Integrators¶
A dynamics simulation integrates the differential equations of motion. We have,
(1)¶\[\begin{align}
\frac{dv}{dt} &= a \\
\frac{dx}{dt} &= v
\end{align}\]
where \(x\) is position, \(v\) is velocity and \(a\) is acceleration. There is extensive research on integrators and their properties for dynamic systems. Here, we focus on two commond ones: the simple Euler integrator and the slightly more advanced Leapfrog integrator.
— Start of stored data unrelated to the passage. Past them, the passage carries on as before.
-- ===== src/Router.antt =====
-- Router of core/routers/Router.h and core/routers/Router.cpp: the route table, the middlewares and
-- `dispatch`. A handler is a call that reads and writes the request, which the program passes by
-- reference, and the world W behind the services.
pub mod Regex
pub mod Template
pub mod Table
pub mod Chain
pub mod Dispatch
pub mod Access
pub mod Methods
pub mod Tests
use adequate_api_cpp.Base.{
  ℕ, ◌<◌, ◌≡◌, Bool, true, false, not, ◌&&◌, if◌then◌else◌, ltb, List, [], ◌∷◌, ◌++◌, Option, none,
  some, Str, str, str_eq, starts_with, contains_str, before, is_empty, any, length, M, ◌>>=◌, pure,
  raise, try_catch, Result, ok, throw, Exception, db_error, bind_result,
}
use adequate_api_cpp.Base.Decimal.{ℤ, negsuc}
use adequate_api_cpp.Http.Libraries.{JsonLib, HttpLib}
use adequate_api_cpp.Http.Request.{
  Verb, get, head, post, put, patch, delete_, options, verb_eq, Request, assign, content_type, what,
  is_std, ensure_json_valid, parse_multipart, Parser,
}
use adequate_api_cpp.Http.Renderer.{
  Outcome, response, json, render as render_json, error, JsonResult,
}
use Regex.{Item, regex_match, parse}
use Template.{compile_route}

-- http::to_string of the verbs in the order of buildAllowHeader
abbrev pub allow_items : List (Verb × Str)
allow_items =
    (get, str "GET")
    ∷ (head, str "HEAD")
    ∷ (post, str "POST")
    ∷ (put, str "PUT")
    ∷ (patch, str "PATCH")
    ∷ (delete_, str "DELETE")
    ∷ (options, str "OPTIONS")
    ∷ []

-- std::unordered_map over verbs
module _ {V : Type 0} where
  unfoldable pub assign_verb : Verb → V → List (Verb × V) → List (Verb × V)
  assign_verb k v [] = (k, v) ∷ []
  assign_verb k v ((j, w) ∷ m) = if verb_eq j k then (k, v) ∷ m else (j, w) ∷ assign_verb k v m

  unfoldable pub find_verb : Verb → List (Verb × V) → Option V
  find_verb k [] = none
  find_verb k ((j, v) ∷ m) = if verb_eq j k then some v else find_verb k m

  abbrev pub is_some : Option V → Bool
  is_some none = false
  is_some (some v) = true

  abbrev pub contains : Verb → List (Verb × V) → Bool
  contains k m = is_some (find_verb k m)

  -- The loop of buildAllowHeader over the items.
  unfoldable pub allow_loop : List (Verb × Str) → List (Verb × V) → Str → Str
  unfolding find_verb
  allow_loop [] mm allow = allow
  allow_loop ((verb, name) ∷ rest) mm allow = allow_loop rest mm (
      if contains verb mm
      then (if is_empty allow then allow else allow ++ str ", ") ++ name
      else allow)

  unfoldable pub build_allow_header : List (Verb × V) → Str
  unfolding allow_loop
  build_allow_header mm = allow_loop allow_items mm []

-- What `dispatch` reads of EnvConfig, and the parser behind the multipart adapter.
pub record Env : Type 0 where
  pub file_upload_limit_size : ℕ
  pub multipart_adapter : Str
  pub poco : Parser

unfoldable pub normalize_target : Request → Str
unfolding before
normalize_target q = before b'?' q.target

-- params[paramNames[i]] = match[i + 1]
unfoldable pub assign_params : List Str → List Str → List (Str × Str) → List (Str × Str)
unfolding assign
assign_params [] caps m = m
assign_params (n ∷ ns) [] m = assign_params ns [] (assign n [] m)
assign_params (n ∷ ns) (c ∷ cs) m = assign_params ns cs (assign n c m)

module _ (J : JsonLib) (H : HttpLib) (W : Type 0) where
  abbrev pub Handler : Type 0
  Handler = M (Request × W) (Outcome J H)

  pub record Middleware : Type 0 where
    pub handle : Handler → Handler
    pub after : Request → H.Response → M W H.Response

module _ (J : JsonLib) (H : HttpLib) (W Meta : Type 0) where
  pub record RouteEntry : Type 0 where
    pub regex : List Item
    pub param_names : List Str
    pub methods : List (Verb × Handler J H W)
    pub original : Str
    pub allowed_content_types : List (Verb × List Str)
    pub openapi_meta : List (Verb × Meta)

  pub record Router : Type 0 where
    pub table : List RouteEntry
    pub global_middlewares : List (Middleware J H W)
    pub scoped_middlewares : List (Str × Middleware J H W)

abbrev pub keep_request : {W A : Type 0} → Request → Result A × W → Result A × (Request × W)
keep_request q (r, w) = (r, (q, w))

module _ {J : JsonLib} {H : HttpLib} {W : Type 0} where
  -- The scoped part of collectMiddlewaresFor: path.rfind(prefix, 0) == 0
  unfoldable pub scoped_for : Str → List (Str × Middleware J H W) → List (Middleware J H W)
  scoped_for path [] = []
  scoped_for path ((prefix, m) ∷ ms) =
      let rest = scoped_for path ms in if starts_with prefix path then m ∷ rest else rest

  -- The first middleware is the outermost.
  unfoldable pub run_chain : List (Middleware J H W) → Handler J H W → Handler J H W
  run_chain [] leaf = leaf
  run_chain (m ∷ ms) leaf = m.handle (run_chain ms leaf)

  abbrev pub call_after : Middleware J H W → H.Response → M (Request × W) H.Response
  call_after m res (q, w) = keep_request q (m.after q res w)

  unfoldable pub run_after : List (Middleware J H W) → H.Response → M (Request × W) H.Response
  run_after [] res = pure res
  run_after (m ∷ ms) res = call_after m res >>= run_after ms

module _ {J : JsonLib} {H : HttpLib} {W Meta : Type 0} where
  -- The assignments of `add` to an entry.
  unfoldable pub register :
      Verb → Handler J H W → List Str → Meta → RouteEntry J H W Meta → RouteEntry J H W Meta
  register method fn allowed meta entry = record entry {
    methods = assign_verb method fn entry.methods;
    allowed_content_types = assign_verb method allowed entry.allowed_content_types;
    openapi_meta = assign_verb method meta entry.openapi_meta;
  }

  -- The entry that compileRoute returns, if std::regex takes its text.
  unfoldable pub new_entry : Str → Option (RouteEntry J H W Meta)
  new_entry path = elim (parse (compile_route path).0) [
    | none ↦ none
    | some r ↦ some (record {
      regex = r;
      param_names = (compile_route path).1;
      methods = [];
      original = path;
      allowed_content_types = [];
      openapi_meta = [];
    })
  ]

  -- The table after the loop of `add` and the push_back behind it; `none` if std::regex throws.
  unfoldable pub add_to :
      Verb
      → Str
      → Handler J H W
      → List Str
      → Meta
      → List (RouteEntry J H W Meta)
      → Option (List (RouteEntry J H W Meta))
  add_to method path fn allowed meta [] = elim (new_entry path) [
    | none ↦ none
    | some entry ↦ some (register method fn allowed meta entry ∷ [])
  ]
  add_to method path fn allowed meta (entry ∷ table) =
      let rest = add_to method path fn allowed meta table in
      if str_eq entry.original path
      then some (register method fn allowed meta entry ∷ table)
      else elim rest [ none ↦ none | some table' ↦ some (entry ∷ table') ]

  unfoldable pub add :
      Verb → Str → Handler J H W → List Str → Meta → Router J H W Meta → Option (Router J H W Meta)
  add method path fn allowed meta r = elim (add_to method path fn allowed meta r.table) [
    | none ↦ none
    | some table ↦ some (record r { table = table })
  ]

  unfoldable pub use_global : Middleware J H W → Router J H W Meta → Router J H W Meta
  use_global m r = record r { global_middlewares = r.global_middlewares ++ m ∷ [] }

  unfoldable pub use_scoped : Str → Middleware J H W → Router J H W Meta → Router J H W Meta
  use_scoped prefix m r = record r { scoped_middlewares = r.scoped_middlewares ++ (prefix, m) ∷ [] }

  unfoldable pub collect_middlewares_for : Router J H W Meta → Str → List (Middleware J H W)
  collect_middlewares_for r path = r.global_middlewares ++ scoped_for path r.scoped_middlewares

  -- std::regex_match of the path against each entry in turn.
  unfoldable pub find_route :
      Str → List (RouteEntry J H W Meta) → Option (RouteEntry J H W Meta × List Str)
  find_route path [] = none
  find_route path (entry ∷ table) =
      let rest = find_route path table in
      elim (regex_match entry.regex path) [ none ↦ rest | some caps ↦ some (entry, caps) ]
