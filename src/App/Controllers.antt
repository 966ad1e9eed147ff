-- ===== src/App/Controllers.antt =====
-- HealthController of controllers/HealthController.cpp, SwaggerController of
-- core/openapi/controllers/SwaggerController.cpp with SwaggerFilter of core/openapi/filters, and
-- bind_handler of routes/Routes.h.
use adequate_api_cpp.Base.{Bool, if◌then◌else◌, [], ◌∷◌, Option, Str, str, List, M, pure}
use adequate_api_cpp.Http.Libraries.{JsonLib, HttpLib}
use adequate_api_cpp.Http.Request.{Request, find, query}
use adequate_api_cpp.Http.Renderer.{Outcome, response, json, json_result}
use adequate_api_cpp.Http.Raw.{redirect}
use adequate_api_cpp.Router.{Handler, keep_request, is_some}

-- SwaggerFilter::parseRequestQuery: whether `json` is set.
unfoldable pub wants_json : List (Str × Str) → Bool
wants_json params = is_some (find (str "json") params)

module _ (J : JsonLib) (H : HttpLib) {W : Type 0} where
  -- A handler of a controller, as the router calls it.
  abbrev pub bind_handler : (Request → M W (Outcome J H)) → Handler J H W
  bind_handler f (q, w) = keep_request q (f q w)

  -- HealthController::index
  unfoldable pub health_index : Request → M W (Outcome J H)
  health_index q = pure (
      json
        (json_result J (J.object ((str "status", J.string (str "alive")) ∷ [])) 200 q.keep_alive))

  -- SwaggerController::index
  unfoldable pub swagger_index : (Str → Option (List (Str × Str))) → Request → M W (Outcome J H)
  unfolding query wants_json
  swagger_index parse_origin_form q = pure (
      response (
        redirect H q.version q.keep_alive
          (if wants_json (query parse_origin_form q)
            then str "/openapi/swagger.json"
            else str "/openapi/")
          302))
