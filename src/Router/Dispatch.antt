-- ===== src/Router/Dispatch.antt =====
-- Router::dispatch of core/routers/Router.cpp, and the error responses that it makes.
pub mod Limits
pub mod Failures
use adequate_api_cpp.Base.{
  ℕ, ◌≡◌, Bool, true, false, not, ◌&&◌, if◌then◌else◌, ltb, List, [], ◌∷◌, ◌++◌, Option, none, some,
  Str, str, contains_str, is_empty, any, length, M, ◌>>=◌, pure, raise, try_catch, Result, ok,
  throw, Exception, db_error, bind_result,
}
use adequate_api_cpp.Base.Decimal.{ℤ, negsuc}
use adequate_api_cpp.Http.Libraries.{JsonLib, HttpLib}
use adequate_api_cpp.Http.Request.{
  Verb, get, head, options, verb_eq, Request, content_type, what, is_std, ensure_json_valid,
  parse_multipart, Parser,
}
use adequate_api_cpp.Http.Renderer.{
  Outcome, response, json, render as render_json, error, JsonResult,
}
use adequate_api_cpp.Router.{
  Env, Handler, Middleware, RouteEntry, Router, find_verb, contains, build_allow_header,
  normalize_target, assign_params, collect_middlewares_for, run_chain, run_after, find_route,
}

abbrev pub unindented : ℤ
unindented = negsuc 0

module _ {V : Type 0} where
  abbrev pub allow_of : List (Verb × V) → List (Str × Str)
  allow_of mm = (str "Allow", build_allow_header mm) ∷ []

module _ {J : JsonLib} {H : HttpLib} where
  -- Router::render
  unfoldable pub render : Request → Outcome J H → H.Response
  render q (response r) = r
  render q (json v) = render_json J H q v.status v.body v.keep_alive [] v.dump_indent

module _ (J : JsonLib) (H : HttpLib) where
  abbrev pub make400 : Request → Str → Outcome J H
  make400 q message = response (error J H q 400 message false [] unindented)

  abbrev pub make404 : Request → Outcome J H
  make404 q = response (error J H q 404 (str "Not found") false [] unindented)

  abbrev pub make405 : {V : Type 0} → Request → List (Verb × V) → Outcome J H
  make405 q mm =
      response (error J H q 405 (str "Method Not Allowed") false (allow_of mm) unindented)

  abbrev pub make413 : {V : Type 0} → Request → List (Verb × V) → Outcome J H
  make413 q mm =
      response (error J H q 413 (str "Payload is too large") false (allow_of mm) unindented)

  abbrev pub make415 : {V : Type 0} → Request → List (Verb × V) → Outcome J H
  make415 q mm =
      response (error J H q 415 (str "Unsupported media type") false (allow_of mm) unindented)

  abbrev pub make500 : Request → Str → Outcome J H
  make500 q message = response (error J H q 500 message false [] unindented)

  -- json{{"allow", additionalHeaders}}: the map, keyed by the field's number, is left to the library.
  abbrev pub make_options_allow :
      {V : Type 0} → (List (Str × Str) → J.Json) → Request → List (Verb × V) → Outcome J H
  make_options_allow headers_json q mm = response (
      render_json J H q 200 (J.object ((str "allow", headers_json (allow_of mm)) ∷ [])) true
        (allow_of mm) unindented)

  -- The try block that validates the body by its content type.
  unfoldable pub check_body : Env → Request → Result Request
  check_body env q =
      if contains_str (str "application/json") (content_type q)
      then bind_result (ensure_json_valid J q) (λ _. ok q)
      else if contains_str (str "multipart/form-data") (content_type q)
      then parse_multipart env.poco env.multipart_adapter q
      else ok q

abbrev pub allowed_or : Option (List Str) → List Str
allowed_or none = []
allowed_or (some ts) = ts

-- The two content type tests: the answer is 415.
unfoldable pub unsupported : List Str → Request → Bool
unsupported allowed q =
    let has_body = not (is_empty q.body) in
    let ct = content_type q in
    if not (is_empty allowed) && (is_empty ct && has_body)
    then true
    else (not (is_empty allowed) && has_body) && not (any (λ t. contains_str t ct) allowed)

-- The message of the 500 response.
unfoldable pub error_message : Exception → Str
error_message (db_error code msg) = if is_empty msg then str "Database error" else msg
error_message e = if is_empty (what e) then str "Unexpected error" else what e

module _ {J : JsonLib} {H : HttpLib} {W : Type 0} where
  -- co_return co_await runAfter(request, render(request, outcome), middlewares)
  abbrev pub respond :
      List (Middleware J H W) → (Request → Outcome J H) → M (Request × W) H.Response
  respond ms outcome (q, w) = run_after ms (render q (outcome q)) (q, w)

  abbrev pub render_after : List (Middleware J H W) → Outcome J H → M (Request × W) H.Response
  render_after ms outcome = respond ms (λ _. outcome)

  -- The handlers of the last try block.
  abbrev pub on_error : List (Middleware J H W) → Exception → M (Request × W) H.Response
  on_error ms e = if is_std e then respond ms (λ q. make500 J H q (error_message e)) else raise e

  unfoldable pub call_handler : List (Middleware J H W) → Handler J H W → M (Request × W) H.Response
  call_handler ms fn = try_catch (run_chain ms fn >>= render_after ms) (on_error ms)

  -- Auto-HEAD: nothing is caught here.
  unfoldable pub auto_head : List (Middleware J H W) → Handler J H W → M (Request × W) H.Response
  auto_head ms fn = run_chain ms fn >>= λ outcome s.
      run_after ms (H.set (str "Content-Length") (str "0") (H.set_body [] (render s.0 outcome))) s

  abbrev pub after_check :
      List (Middleware J H W) → Handler J H W → Result Request → M (Request × W) H.Response
  after_check ms fn (ok q) (_, w) = call_handler ms fn (q, w)
  after_check ms fn (throw e) s =
      if is_std e
      then if is_empty (what e)
        then call_handler ms fn s
        else respond ms (λ q. make400 J H q (what e)) s
      else raise e s

  -- From the lookup of the method's content types on.
  unfoldable pub checked :
      Env
      → List (Verb × Handler J H W)
      → List Str
      → List (Middleware J H W)
      → Handler J H W
      → M (Request × W) H.Response
  checked env mm allowed ms fn (q, w) =
      if unsupported allowed q
      then respond ms (λ q. make415 J H q mm) (q, w)
      else if ltb env.file_upload_limit_size (length q.body)
      then respond ms (λ q. make413 J H q mm) (q, w)
      else after_check ms fn (check_body J H env q) (q, w)

  abbrev pub with_method :
      {Meta : Type 0}
      → Env
      → RouteEntry J H W Meta
      → List (Middleware J H W)
      → Option (Handler J H W)
      → M (Request × W) H.Response
  with_method env entry ms none s = respond ms (λ q. make405 J H q entry.methods) s
  with_method env entry ms (some fn) (q, w) =
      checked env entry.methods (allowed_or (find_verb q.method entry.allowed_content_types)) ms fn
        (q, w)

  -- The GET handler that answers a HEAD request.
  unfoldable pub head_of : {Meta : Type 0} → RouteEntry J H W Meta → Verb → Option (Handler J H W)
  head_of entry method =
      if verb_eq method head && not (contains head entry.methods)
      then find_verb get entry.methods
      else none

  unfoldable pub auto_options : {Meta : Type 0} → RouteEntry J H W Meta → Verb → Bool
  auto_options entry method = verb_eq method options && not (contains options entry.methods)

  unfoldable pub matched :
      {Meta : Type 0}
      → (List (Str × Str) → J.Json)
      → Env
      → RouteEntry J H W Meta
      → List (Middleware J H W)
      → M (Request × W) H.Response
  matched headers_json env entry ms (q, w) = elim (head_of entry q.method) [
    | some fn ↦ auto_head ms fn (q, w)
    | none ↦
        if auto_options entry q.method
        then respond ms (λ q. make_options_allow J H headers_json q entry.methods) (q, w)
        else with_method env entry ms (find_verb q.method entry.methods) (q, w)
  ]

  unfoldable pub dispatch :
      {Meta : Type 0}
      → (List (Str × Str) → J.Json)
      → Router J H W Meta
      → Env
      → M (Request × W) H.Response
  dispatch headers_json router env (q, w) =
      let path = normalize_target q in
      let ms = collect_middlewares_for router path in
      elim (find_route path router.table) [
        | none ↦ respond ms (λ q. make404 J H q) (q, w)
        | some (entry, caps) ↦
            matched headers_json env entry ms
              (record q { path_params = assign_params entry.param_names caps [] }, w)
      ]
The integrators are implemented in separate classes and can be extended, e.g. with Runge-Kutta methods.
Euler¶
The Euler integrator is a simple first-order method.
(2)¶\[\begin{align}
x_{t+1} &= x_t + v_t \Delta t \\
v_{t+1} &= v_t + a_t \Delta t
\end{align}\]
Leapfrog¶
Reference [BL04]. The main integrator used here is the Leapfrog integrator. It has only a very small computational overhead compared to the Euler method.
(3)¶\[\begin{align}
x_{t+1} &= x_t + v_t \Delta t + \frac{1}{2} a_t \Delta t^2 \\
v_{t+1} &= v_t + \frac{1}{2}(a_t + a_{t+1}) \Delta t
\end{align}\]